Series: Meritropolis, #1
Genre: Young Adult Dystopian
Date published: September 8, 2014
The year is AE3, 3 years after the Event. Within the walls of Meritropolis, 50,000 inhabitants live in fear, ruled by the brutal System that assigns each citizen a merit score that dictates whether they live or die. Those with the highest scores thrive, while those with the lowest are subject to the most unforgiving punishment--to be thrust outside the city gates, thrown to the terrifying hybrid creatures that exist beyond.
But for one High Score, conforming to the System just isn't an option. Seventeen-year-old Charley has a brother to avenge. And nothing--not even a totalitarian military or dangerous science--is going to stop him.
Where humankind has pushed nature and morals to the extreme, Charley is amongst the chosen few tasked with exploring the boundaries, forcing him to look deep into his very being to discern right from wrong. But as he and his friends learn more about the frightening forces that threaten destruction both without and within the gates, Meritropolis reveals complexities they couldn't possibly have bargained for...
As far as the characters, Charley was very three-dimensional, and it was easy to cheer for him as the protagonist of the story. He's 17 years old, and has been raised in an environment where the weakest and most vulnerable aren't safe from being cast of out the society. Those who are stronger, better fighters and more intelligent, based on a score they're assigned which indicates their value to society are treated better. It's with this backdrop that Charley's story is set. He's seen the effects of this up close and personal when he's lost people close to him, and he isn't alone in his fight.

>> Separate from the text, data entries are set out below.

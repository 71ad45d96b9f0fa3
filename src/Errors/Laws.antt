-- ===== src/Errors/Laws.antt =====
-- What the sentences guarantee.
use beauty_awg.Base.{
  ℕ, ◌≡◌, ◌≢◌, ◌||◌, none, some, List, [], ◌∷◌, ◌++◌, arith, Text, codes, if◌then◌else◌, All,
  Option-cases, inl, inr, ◌or_text◌,
}
use beauty_awg.Errors.{
  Thrown, api_error, error, other, message, Match, matches, exit_advice, first_match,
  status_sentence, human_error, cleaned,
}
use beauty_awg.Errors.Patterns.{
  enclosed, quoted, search_for, match_at, after_phrase, until, includes_text,
}

first_match-ne-nil :
    (ms : List Match) (raw s : Text)
    → All (λ m. (t : Text) → m.say t ≢ []) ms
    → first_match ms raw ≡ some s
    → s ≢ []
unfolding first_match
first_match-ne-nil [] raw s h e = cc
first_match-ne-nil (m ∷ ms) raw s (here, later) e = elim (Option-cases (search_for m.test raw)) [
  | inl miss ↦ first_match-ne-nil ms raw s later (ground arith)
  | inr (t, hit) ↦ ground (arith, here t)
]

matches_say : All (λ m. (t : Text) → m.say t ≢ []) matches
unfolding matches codes exit_advice
matches_say = (
  λ t h. cc,
  (
    λ t h. cc,
    (
      λ t h. cc,
      (
        λ t h. cc,
        (
          λ t h. cc,
          (
            λ t h. cc,
            (
              λ t h. cc,
              (
                λ t h. cc,
                (
                  λ t h. cc,
                  (
                    λ t h. cc,
                    (
                      λ t h. cc,
                      (λ t h. cc, (λ t h. cc, (λ t h. cc, (λ t h. cc, (λ t h. cc, tt))))),
                    ),
                  ),
                ),
              ),
            ),
          ),
        ),
      ),
    ),
  ),
)

status_sentence-ne-nil : (e : Thrown) (s : Text) → status_sentence e ≡ some s → s ≢ []
unfolding status_sentence codes
status_sentence-ne-nil (api_error status text) s h = ground arith
status_sentence-ne-nil (error text) s h = cc
status_sentence-ne-nil (other text) s h = cc

or_text-ne-nil : (s t : Text) → t ≢ [] → (s or_text t) ≢ []
or_text-ne-nil [] t h = h
or_text-ne-nil (c ∷ s) t h = λ e. cc

last_resort-ne-nil :
    (raw : Text)
    → (if includes_text raw (codes "Failed to fetch") || includes_text raw (codes "NetworkError")
        then codes "Can't reach the panel. Check your connection and try again."
        else cleaned raw or_text codes "Something went wrong. Please try again.")
      ≢ []
unfolding codes
last_resort-ne-nil raw =
    ground (arith, or_text-ne-nil (cleaned raw) (codes "Something went wrong. Please try again."))

-- Whatever is thrown, an empty message included, the user is shown some text.
pub human_error-ne-nil : (e : Thrown) → human_error e ≢ []
unfolding human_error
human_error-ne-nil e = elim (Option-cases (first_match matches (message e))) [
  | inr (s, hit) ↦ ground (arith, first_match-ne-nil matches (message e) s matches_say hit)
  | inl miss ↦ elim (Option-cases (status_sentence e)) [
    | inr (s, hit) ↦ ground (arith, status_sentence-ne-nil e s hit)
    | inl unknown ↦ ground (arith, last_resort-ne-nil (message e))
  ]
]

-- The backend's refusal of a second exit, as `this device already sends all traffic through %q`
-- prints it for a name without quotes.
abbrev pub second_exit : Text → Text → Text
second_exit name rest =
    codes "this device already sends all traffic through \"" ++ name ++ b'"' ∷ rest

until-append :
    (name : Text) (stop : ℕ) (rest : Text)
    → All (λ c. c ≢ stop) name
    → until stop (name ++ stop ∷ rest) ≡ some name
unfolding until
until-append [] stop rest h = ground arith
until-append (c ∷ name) stop rest (ne, h) = ground (arith, until-append name stop rest h)

search_for-second_exit :
    (c : ℕ) (name rest : Text)
    → All (λ d. d ≢ b'"') (c ∷ name)
    → search_for
        (quoted (codes "already sends all traffic through \"") b'"')
        (second_exit (c ∷ name) rest)
      ≡ some (c ∷ name)
unfolding search_for match_at after_phrase codes
search_for-second_exit c name rest h = ground (arith, until-append (c ∷ name) b'"' rest h)

-- When the backend refuses a second internet exit, the advice names the location to turn off,
-- unless the name makes the refusal read like an overlap of subnets.
pub human_error-second_exit :
    (status c : ℕ) (name rest : Text)
    → All (λ d. d ≢ b'"') (c ∷ name)
    → search_for (enclosed (codes "subnets overlap (") b')') (second_exit (c ∷ name) rest) ≡ none
    → human_error (api_error status (second_exit (c ∷ name) rest)) ≡ exit_advice (c ∷ name)
unfolding human_error message first_match matches
human_error-second_exit status c name rest h no_overlap =
    ground (arith, search_for-second_exit c name rest h)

Grigor is his trainer, and I liked him a lot as well, along with the other members of the team that were trained because of their high scores, including Sandy. Out of all of the group, these two stood out the most. Overall, this was a very well-written book. I'm looking forward to the sequel. My rating is 5/5 Platypires.
Like Post-Apoc? READ THIS. Like Dystopian? READ THIS. Seriously. Just do it. It's on my list of favorite books of 2015.
Bob says: 5 Platypires because the highest I'm allowed.
Charley is one angry teenager. There were times during the story where I found myself feeling a fraction of what he feels during the book. Anger at the system they have in place, and anger at the way people are so shallowly categorized. Charley is right, of course. Every person matters.
This was a story I enjoyed reading because there have been very few books I’ve come across that are told from a male perspective. This book was well put together in describing different parts of humanity, from those with power to those who are ushered out of the city’s gates. Not everyone is this story has the same agenda, and those agendas clash in what comes to be the climax. Meritropolis has action and violence, but it isn’t overly glorified as some of the things I’ve read in other dystopian novels. It has just the right balance to keep me reading and wondering the what’s and why’s behind the system in Meritropolis.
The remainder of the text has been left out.